WHAT IS EXPECTED:
In the material below, how many lines contain the string "Bool"? Reply with the number only.

DATA SHOWN:
════════════════

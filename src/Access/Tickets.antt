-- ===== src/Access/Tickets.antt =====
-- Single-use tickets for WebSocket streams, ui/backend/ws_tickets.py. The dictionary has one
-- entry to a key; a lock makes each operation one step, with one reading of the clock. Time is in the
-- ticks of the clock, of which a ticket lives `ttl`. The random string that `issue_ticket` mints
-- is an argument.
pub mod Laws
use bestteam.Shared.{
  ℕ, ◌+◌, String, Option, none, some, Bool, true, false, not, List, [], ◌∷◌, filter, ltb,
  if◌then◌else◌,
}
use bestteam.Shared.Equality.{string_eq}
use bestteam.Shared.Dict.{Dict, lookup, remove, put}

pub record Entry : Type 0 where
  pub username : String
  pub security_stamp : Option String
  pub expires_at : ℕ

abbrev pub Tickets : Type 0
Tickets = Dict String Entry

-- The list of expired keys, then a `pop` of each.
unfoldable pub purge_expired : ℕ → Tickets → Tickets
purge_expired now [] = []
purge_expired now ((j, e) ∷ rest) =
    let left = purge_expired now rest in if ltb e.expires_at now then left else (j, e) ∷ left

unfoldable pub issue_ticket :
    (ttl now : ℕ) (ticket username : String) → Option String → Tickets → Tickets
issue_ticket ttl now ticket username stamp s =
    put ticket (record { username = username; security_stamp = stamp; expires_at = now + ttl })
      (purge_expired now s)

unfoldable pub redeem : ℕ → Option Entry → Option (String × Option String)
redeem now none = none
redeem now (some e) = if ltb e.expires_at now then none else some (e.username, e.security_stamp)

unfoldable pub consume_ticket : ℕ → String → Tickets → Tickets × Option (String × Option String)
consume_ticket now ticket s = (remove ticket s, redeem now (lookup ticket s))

════════════════

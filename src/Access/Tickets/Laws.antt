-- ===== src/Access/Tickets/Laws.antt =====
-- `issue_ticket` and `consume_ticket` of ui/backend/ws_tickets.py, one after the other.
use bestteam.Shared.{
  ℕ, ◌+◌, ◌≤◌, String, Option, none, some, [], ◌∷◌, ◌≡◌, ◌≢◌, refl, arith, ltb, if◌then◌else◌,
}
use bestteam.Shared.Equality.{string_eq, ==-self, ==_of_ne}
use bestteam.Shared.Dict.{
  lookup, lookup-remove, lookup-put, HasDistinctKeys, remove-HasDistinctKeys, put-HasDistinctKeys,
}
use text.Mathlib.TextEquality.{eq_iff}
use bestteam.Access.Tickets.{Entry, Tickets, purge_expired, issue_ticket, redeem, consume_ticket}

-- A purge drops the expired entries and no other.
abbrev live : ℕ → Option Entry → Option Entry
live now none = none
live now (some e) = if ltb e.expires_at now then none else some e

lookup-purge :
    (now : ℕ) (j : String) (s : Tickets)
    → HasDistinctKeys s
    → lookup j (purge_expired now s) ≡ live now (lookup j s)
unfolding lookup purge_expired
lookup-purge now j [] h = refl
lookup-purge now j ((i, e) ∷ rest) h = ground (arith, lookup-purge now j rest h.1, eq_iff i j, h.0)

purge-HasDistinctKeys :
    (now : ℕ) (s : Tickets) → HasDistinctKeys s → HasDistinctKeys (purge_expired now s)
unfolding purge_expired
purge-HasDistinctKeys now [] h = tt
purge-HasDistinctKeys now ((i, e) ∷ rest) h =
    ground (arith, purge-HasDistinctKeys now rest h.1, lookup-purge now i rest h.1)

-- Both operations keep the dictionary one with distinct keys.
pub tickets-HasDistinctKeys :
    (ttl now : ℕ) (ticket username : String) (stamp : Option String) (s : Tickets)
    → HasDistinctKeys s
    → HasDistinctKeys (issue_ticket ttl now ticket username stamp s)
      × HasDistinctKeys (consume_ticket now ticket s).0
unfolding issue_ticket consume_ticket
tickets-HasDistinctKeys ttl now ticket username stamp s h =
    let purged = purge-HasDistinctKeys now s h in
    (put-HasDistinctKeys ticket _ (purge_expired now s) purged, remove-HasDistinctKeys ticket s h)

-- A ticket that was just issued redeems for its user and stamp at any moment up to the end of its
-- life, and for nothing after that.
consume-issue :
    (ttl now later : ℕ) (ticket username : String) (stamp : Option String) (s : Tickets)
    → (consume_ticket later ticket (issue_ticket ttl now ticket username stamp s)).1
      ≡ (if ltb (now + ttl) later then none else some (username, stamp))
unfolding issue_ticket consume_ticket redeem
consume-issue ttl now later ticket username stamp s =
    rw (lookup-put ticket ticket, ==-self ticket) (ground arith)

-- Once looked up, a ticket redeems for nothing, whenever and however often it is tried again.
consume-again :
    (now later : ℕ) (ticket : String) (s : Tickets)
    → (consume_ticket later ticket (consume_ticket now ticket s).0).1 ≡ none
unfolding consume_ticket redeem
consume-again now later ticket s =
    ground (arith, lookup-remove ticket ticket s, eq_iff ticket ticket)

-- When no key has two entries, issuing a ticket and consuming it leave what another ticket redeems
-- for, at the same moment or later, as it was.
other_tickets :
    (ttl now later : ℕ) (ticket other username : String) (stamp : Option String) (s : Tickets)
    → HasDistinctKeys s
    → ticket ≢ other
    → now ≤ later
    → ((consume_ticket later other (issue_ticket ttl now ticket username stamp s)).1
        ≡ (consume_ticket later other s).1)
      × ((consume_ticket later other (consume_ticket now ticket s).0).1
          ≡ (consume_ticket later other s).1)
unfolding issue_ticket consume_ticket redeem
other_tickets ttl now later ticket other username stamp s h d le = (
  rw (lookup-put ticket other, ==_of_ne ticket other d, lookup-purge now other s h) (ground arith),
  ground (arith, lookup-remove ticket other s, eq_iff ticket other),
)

════════════════

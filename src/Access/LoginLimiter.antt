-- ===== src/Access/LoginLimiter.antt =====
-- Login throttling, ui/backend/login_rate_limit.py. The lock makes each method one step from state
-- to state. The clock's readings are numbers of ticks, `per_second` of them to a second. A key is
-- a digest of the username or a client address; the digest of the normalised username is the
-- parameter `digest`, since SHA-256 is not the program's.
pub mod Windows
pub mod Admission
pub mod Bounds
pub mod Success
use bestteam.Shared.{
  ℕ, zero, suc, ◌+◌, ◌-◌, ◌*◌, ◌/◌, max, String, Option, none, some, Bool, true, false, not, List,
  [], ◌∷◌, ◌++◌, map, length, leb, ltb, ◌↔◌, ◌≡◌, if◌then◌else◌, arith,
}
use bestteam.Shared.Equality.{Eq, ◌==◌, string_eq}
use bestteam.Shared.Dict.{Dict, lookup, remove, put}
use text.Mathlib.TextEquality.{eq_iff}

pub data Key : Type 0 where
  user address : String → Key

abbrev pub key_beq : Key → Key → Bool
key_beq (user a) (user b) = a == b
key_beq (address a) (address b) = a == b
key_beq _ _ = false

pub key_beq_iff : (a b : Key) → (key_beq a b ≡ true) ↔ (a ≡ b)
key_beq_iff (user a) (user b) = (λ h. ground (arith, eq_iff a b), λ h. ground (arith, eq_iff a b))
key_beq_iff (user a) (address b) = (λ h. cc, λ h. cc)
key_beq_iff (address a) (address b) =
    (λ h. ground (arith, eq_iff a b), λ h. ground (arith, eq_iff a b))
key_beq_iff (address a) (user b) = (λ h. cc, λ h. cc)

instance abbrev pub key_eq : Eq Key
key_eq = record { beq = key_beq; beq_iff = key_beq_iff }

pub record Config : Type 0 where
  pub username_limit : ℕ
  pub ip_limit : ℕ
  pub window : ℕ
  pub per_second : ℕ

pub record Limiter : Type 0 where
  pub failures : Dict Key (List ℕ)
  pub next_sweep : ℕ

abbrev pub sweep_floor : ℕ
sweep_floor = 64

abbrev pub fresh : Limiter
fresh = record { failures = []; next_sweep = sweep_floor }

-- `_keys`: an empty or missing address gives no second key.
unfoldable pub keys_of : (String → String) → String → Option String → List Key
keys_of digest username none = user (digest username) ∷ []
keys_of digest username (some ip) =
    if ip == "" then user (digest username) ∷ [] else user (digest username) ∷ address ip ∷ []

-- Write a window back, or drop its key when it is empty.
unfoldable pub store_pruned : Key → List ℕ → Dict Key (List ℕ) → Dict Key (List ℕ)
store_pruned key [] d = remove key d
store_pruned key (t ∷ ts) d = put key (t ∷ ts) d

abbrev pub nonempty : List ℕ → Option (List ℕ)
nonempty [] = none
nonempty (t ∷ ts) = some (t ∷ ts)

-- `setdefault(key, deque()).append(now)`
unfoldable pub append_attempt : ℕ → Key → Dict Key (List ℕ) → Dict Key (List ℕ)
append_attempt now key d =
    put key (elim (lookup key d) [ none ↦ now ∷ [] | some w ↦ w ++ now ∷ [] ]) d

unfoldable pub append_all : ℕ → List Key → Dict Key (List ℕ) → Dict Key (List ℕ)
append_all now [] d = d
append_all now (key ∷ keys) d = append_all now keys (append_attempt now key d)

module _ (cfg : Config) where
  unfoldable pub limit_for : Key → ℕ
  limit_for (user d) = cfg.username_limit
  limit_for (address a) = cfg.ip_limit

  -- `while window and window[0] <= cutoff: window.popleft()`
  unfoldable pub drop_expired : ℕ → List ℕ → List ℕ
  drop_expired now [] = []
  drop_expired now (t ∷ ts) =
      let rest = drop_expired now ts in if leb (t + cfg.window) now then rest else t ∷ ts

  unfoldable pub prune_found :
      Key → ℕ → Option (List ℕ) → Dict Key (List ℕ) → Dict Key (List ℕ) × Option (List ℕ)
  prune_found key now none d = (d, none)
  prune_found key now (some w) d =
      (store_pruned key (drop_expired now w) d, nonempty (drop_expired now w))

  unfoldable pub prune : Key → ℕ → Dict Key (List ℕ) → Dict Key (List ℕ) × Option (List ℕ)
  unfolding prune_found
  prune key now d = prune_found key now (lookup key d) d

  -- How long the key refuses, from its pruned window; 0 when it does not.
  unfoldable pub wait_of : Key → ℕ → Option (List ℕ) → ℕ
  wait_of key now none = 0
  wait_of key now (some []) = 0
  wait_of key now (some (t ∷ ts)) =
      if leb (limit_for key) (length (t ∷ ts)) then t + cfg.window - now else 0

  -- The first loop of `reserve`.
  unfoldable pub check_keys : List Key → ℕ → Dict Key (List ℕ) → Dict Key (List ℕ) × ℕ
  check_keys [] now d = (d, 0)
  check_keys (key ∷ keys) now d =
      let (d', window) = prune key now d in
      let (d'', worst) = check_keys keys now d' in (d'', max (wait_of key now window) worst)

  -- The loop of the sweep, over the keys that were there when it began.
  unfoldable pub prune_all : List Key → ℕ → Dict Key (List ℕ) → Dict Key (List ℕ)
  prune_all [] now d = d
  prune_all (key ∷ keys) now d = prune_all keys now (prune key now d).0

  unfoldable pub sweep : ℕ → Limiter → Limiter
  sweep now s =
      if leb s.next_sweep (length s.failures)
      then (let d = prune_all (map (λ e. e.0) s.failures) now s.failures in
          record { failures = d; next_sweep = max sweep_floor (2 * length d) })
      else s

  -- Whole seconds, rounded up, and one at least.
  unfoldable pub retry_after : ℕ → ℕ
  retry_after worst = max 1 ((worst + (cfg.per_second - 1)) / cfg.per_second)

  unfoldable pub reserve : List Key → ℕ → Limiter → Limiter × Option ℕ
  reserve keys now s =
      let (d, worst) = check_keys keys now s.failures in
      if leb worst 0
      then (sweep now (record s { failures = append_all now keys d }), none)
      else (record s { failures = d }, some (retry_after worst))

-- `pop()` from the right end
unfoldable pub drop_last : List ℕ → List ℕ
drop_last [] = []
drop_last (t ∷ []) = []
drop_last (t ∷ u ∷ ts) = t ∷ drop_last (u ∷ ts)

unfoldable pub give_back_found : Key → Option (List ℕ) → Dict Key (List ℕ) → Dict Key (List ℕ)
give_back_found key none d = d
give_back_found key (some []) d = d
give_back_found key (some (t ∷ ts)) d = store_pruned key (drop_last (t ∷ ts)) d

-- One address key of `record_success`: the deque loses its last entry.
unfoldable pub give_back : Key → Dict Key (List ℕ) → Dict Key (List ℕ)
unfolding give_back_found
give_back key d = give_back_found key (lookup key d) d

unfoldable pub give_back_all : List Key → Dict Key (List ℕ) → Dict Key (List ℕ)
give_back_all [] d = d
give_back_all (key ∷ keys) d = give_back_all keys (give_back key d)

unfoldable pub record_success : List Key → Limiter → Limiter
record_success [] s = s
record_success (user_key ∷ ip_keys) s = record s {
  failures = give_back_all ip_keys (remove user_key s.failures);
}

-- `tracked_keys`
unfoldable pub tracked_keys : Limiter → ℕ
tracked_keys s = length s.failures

════════════════

EXERCISE ANSWER:
3